# Malaysian looking for a life in the UK



## shawnglory (Aug 14, 2009)

Hi there,

Firstly, I'd like to take a moment and introduce myself since this is my first post of hopefully many more to come.

I am a Malaysian looking for a life in the UK.

Am currently an admin manager, general manager and part of a board of director in a family company. I have no educational paperworks above college level but am able to undertake management tasks. I may also be able to expand the company overseas if it would help me gain my PR. I am also able to hold qualifications in the field of radiotelephony and try to get a job in air control towers or port radio assistance. I also specialize in the field of private sector aviation.

I am also able to gain a private pilots license and move my way up to commercial pilots license through the available programmes in the UK.

Aside from aviation, I am also capable of conducting music classes in lyrics writing courses, band co-ordination as well as selling ideas which may help companies to generate greater income as well as ideas that may benefit event companies to improvise their regular routine.

I am also willing to join the British Armed Forces in all three categories of Army, Navy and Airforce.

-What I'm wondering is, am I qualified in terms of skill?

-What are the other requirements aside from my skill and knowledge of the English Language? (managed to get an A1 on my 1119) 

-What are the living costs? (a low cost apartment to start off, groceries for home cooked meals, necessary expenditures and fees)

- What are the steps required for me to proceed with my preparation?

- What are the steps required for me to proceed with my application?

The reason to why I am looking to move is to be close to the one I have been deeply in love with for many years and I can't carry the weight of waiting far away to see her again.

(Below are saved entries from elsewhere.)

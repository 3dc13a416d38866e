-- ===== src/Pipeline/Executor/Workers/Measure.antt =====
-- The threads of src/pipeline/pipeline_executor.cpp take finitely many steps.
-- No read gives bytes from behind the end of an input of `size` bytes.
use io_uring_async_load_proc.Prelude.{
  ℕ, ◌+◌, ◌-◌, ◌*◌, ◌≤◌, ◌<◌, ◌≡◌, ap, inl, inr, some, List, [], ◌∷◌, length, arith, Option-cases,
  length-append,
}
use io_uring_async_load_proc.Exception.{ok}
use io_uring_async_load_proc.Config.{PipelineConfig}
use io_uring_async_load_proc.Pipeline.Channel.{finish, abort}
use io_uring_async_load_proc.Pipeline.Executor.Workers.State.{
  Environment, Worker, active, raised, fails_first, fails_second, failed, returned, ReaderState,
  acquires, reads, leaves, ProcessorState, closes, processes, WriterState, writes, Thread,
}
use io_uring_async_load_proc.Pipeline.Executor.Workers.Blocks.{new_block}
use io_uring_async_load_proc.Pipeline.Executor.Workers.Loops.{step, run_workers}
use io_uring_async_load_proc.Pipeline.Executor.Workers.Queues.{channel_calls}
use io_uring_async_load_proc.Pipeline.Executor.Workers.Moves.{
  ChannelRun, caught, broke_first, broke_second, Moves, acquired, at_end, was_read, read_threw,
  block_refused, handed_on, reader_refused, reader_left, reader_unwinds, received, drained,
  processor_broke, processed, process_threw, passed_on, processor_refused, closed_output,
  processor_unwinds, taken, writer_drained, writer_broke, written, write_failed, writer_unwinds,
}
use io_uring_async_load_proc.Pipeline.Executor.Workers.Steps.{step-Moves}

abbrev pub EndsAt : Environment → ℕ → Type 0
EndsAt e size =
    (i o : ℕ) (bytes : List ℕ)
    → e.read i o ≡ some (ok bytes)
    → 0 < length bytes
    → o + length bytes ≤ size

-- The steps that a thread or an item can still cause.
abbrev pub steps_reader : ℕ → Worker ReaderState → ℕ
steps_reader size (active (acquires i o)) = 10 * (size - o) + 8
steps_reader size (active (reads i o)) = 10 * (size - o) + 7
steps_reader size (active (ReaderState.pushes i o bytes)) = 10 * (size - (o + length bytes)) + 16
steps_reader size (active leaves) = 5
steps_reader size (raised x) = 4
steps_reader size (fails_first x) = 3
steps_reader size (fails_second x) = 2
steps_reader size failed = 0
steps_reader size returned = 0

abbrev pub steps_processor : Worker ProcessorState → ℕ
steps_processor (active ProcessorState.pops) = 8
steps_processor (active (processes item)) = 14
steps_processor (active (ProcessorState.pushes item)) = 13
steps_processor (active closes) = 5
steps_processor (raised x) = 4
steps_processor (fails_first x) = 3
steps_processor (fails_second x) = 2
steps_processor failed = 0
steps_processor returned = 0

abbrev pub steps_writer : Worker WriterState → ℕ
steps_writer (active WriterState.pops) = 5
steps_writer (active (writes item)) = 8
steps_writer (raised x) = 4
steps_writer (fails_first x) = 3
steps_writer (fails_second x) = 2
steps_writer failed = 0
steps_writer returned = 0

module _ (c : PipelineConfig) (e : Environment) where
  unfoldable pub steps_left : ℕ → ChannelRun c e → ℕ
  steps_left size s =
      steps_reader size s.reader
      + (7 * length s.read_to_process.items
          + (steps_processor s.processor
              + (4 * length s.process_to_write.items + steps_writer s.writer)))

  Moves-steps_left :
      (size : ℕ) {s s' : ChannelRun c e}
      → EndsAt e size
      → Moves c e s s'
      → steps_left size s' < steps_left size s
  unfolding steps_left finish abort
  Moves-steps_left size {s = s} ends (acquired i o n r h) = ground arith
  Moves-steps_left size {s = s} ends (at_end i o r h) = ground arith
  Moves-steps_left size {s = s} ends (was_read i o b bs r h k) =
      ground (arith, ends i o (b ∷ bs) h (omega arith))
  Moves-steps_left size {s = s} ends (read_threw i o x r h) = ground arith
  Moves-steps_left size {s = s} ends (block_refused i o b bs x r h k) = ground arith
  Moves-steps_left size {s = s} ends (handed_on i o bytes r h) =
      ground (arith, length-append {0} s.read_to_process.items (new_block i o bytes ∷ []))
  Moves-steps_left size {s = s} ends (reader_refused i o bytes x r h) = ground arith
  Moves-steps_left size {s = s} ends (reader_left r) = ground arith
  Moves-steps_left size {s = s} ends (reader_unwinds _ _ _ r (caught x)) = ground arith
  Moves-steps_left size {s = s} ends (reader_unwinds _ _ _ r (broke_first x)) = ground arith
  Moves-steps_left size {s = s} ends (reader_unwinds _ _ _ r (broke_second x)) = ground arith
  Moves-steps_left size {s = s} ends (received item xs r h) = ground arith
  Moves-steps_left size {s = s} ends (drained r h k) = ground arith
  Moves-steps_left size {s = s} ends (processor_broke x r h) = ground arith
  Moves-steps_left size {s = s} ends (processed item r h) = ground arith
  Moves-steps_left size {s = s} ends (process_threw item x r h) = ground arith
  Moves-steps_left size {s = s} ends (passed_on item r h) =
      ground (arith, length-append {0} s.process_to_write.items (item ∷ []))
  Moves-steps_left size {s = s} ends (processor_refused item x r h) = ground arith
  Moves-steps_left size {s = s} ends (closed_output r) = ground arith
  Moves-steps_left size {s = s} ends (processor_unwinds _ _ _ r (caught x)) = ground arith
  Moves-steps_left size {s = s} ends (processor_unwinds _ _ _ r (broke_first x)) = ground arith
  Moves-steps_left size {s = s} ends (processor_unwinds _ _ _ r (broke_second x)) = ground arith
  Moves-steps_left size {s = s} ends (taken item xs r h) = ground arith
  Moves-steps_left size {s = s} ends (writer_drained r h k) = ground arith
  Moves-steps_left size {s = s} ends (writer_broke x r h) = ground arith
  Moves-steps_left size {s = s} ends (written item w output' result' r h k a) = ground arith
  Moves-steps_left size {s = s} ends (write_failed item x w output' result' r h k) = ground arith
  Moves-steps_left size {s = s} ends (writer_unwinds _ _ _ r (caught x)) = ground arith
  Moves-steps_left size {s = s} ends (writer_unwinds _ _ _ r (broke_first x)) = ground arith
  Moves-steps_left size {s = s} ends (writer_unwinds _ _ _ r (broke_second x)) = ground arith

  pub run_workers-steps_left :
      (size : ℕ) (ts : List Thread) (s s' : ChannelRun c e)
      → EndsAt e size
      → run_workers channel_calls c e ts s ≡ some s'
      → length ts + steps_left size s' ≤ steps_left size s
  unfolding run_workers
  run_workers-steps_left size [] s s' ends h =
      let same : s ≡ s' = cc in omega (arith, ap (steps_left size) same)
  run_workers-steps_left size (t ∷ ts) s s' ends h =
      elim (Option-cases (step channel_calls c e t s)) [
        | inl stuck ↦ absurd (ground arith)
        | inr (s₁, stepped) ↦
            let later = run_workers-steps_left size ts s₁ s' ends (ground arith) in
            let now = Moves-steps_left size ends (step-Moves c e s t s₁ stepped) in
            omega (arith, later, now)
      ]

I am willing to do anything (legal please ) to be close to her and start a successful life in the UK.

Thank you very much for your help and time.
Looking forward to take the first step.

Cheers,
Shawn.


----------



## mamasue (Oct 7, 2008)

Hi Shawn.....
The quickest way to get any kind of status in your case is to marry the "one you have been deeply in love with for many years" .


----------



## shawnglory (Aug 14, 2009)

mamasue said:


> Hi Shawn.....
> The quickest way to get any kind of status in your case is to marry the "one you have been deeply in love with for many years" .


She's a Malaysian who's studying over there since 2004. As for her residency status I've yet to enquire but marrying is definitely out of the possible solutions. Because of the distance, we've avoided (well mostly on my side) "the talk".

But the waiting part is really killing me and I have been thinking of moving out of Malaysia for a while.


----------



## buttercup123 (Aug 18, 2009)

Hi Shawn, I think the possible way is to look for requirement as to working in the aviation industry. Or I would say that it is bets to talk to a lawyer for the best possibility. From my point of view, expanding your business to UK is possibly teh best option as te route to aviation industry is rather tight at the moment. 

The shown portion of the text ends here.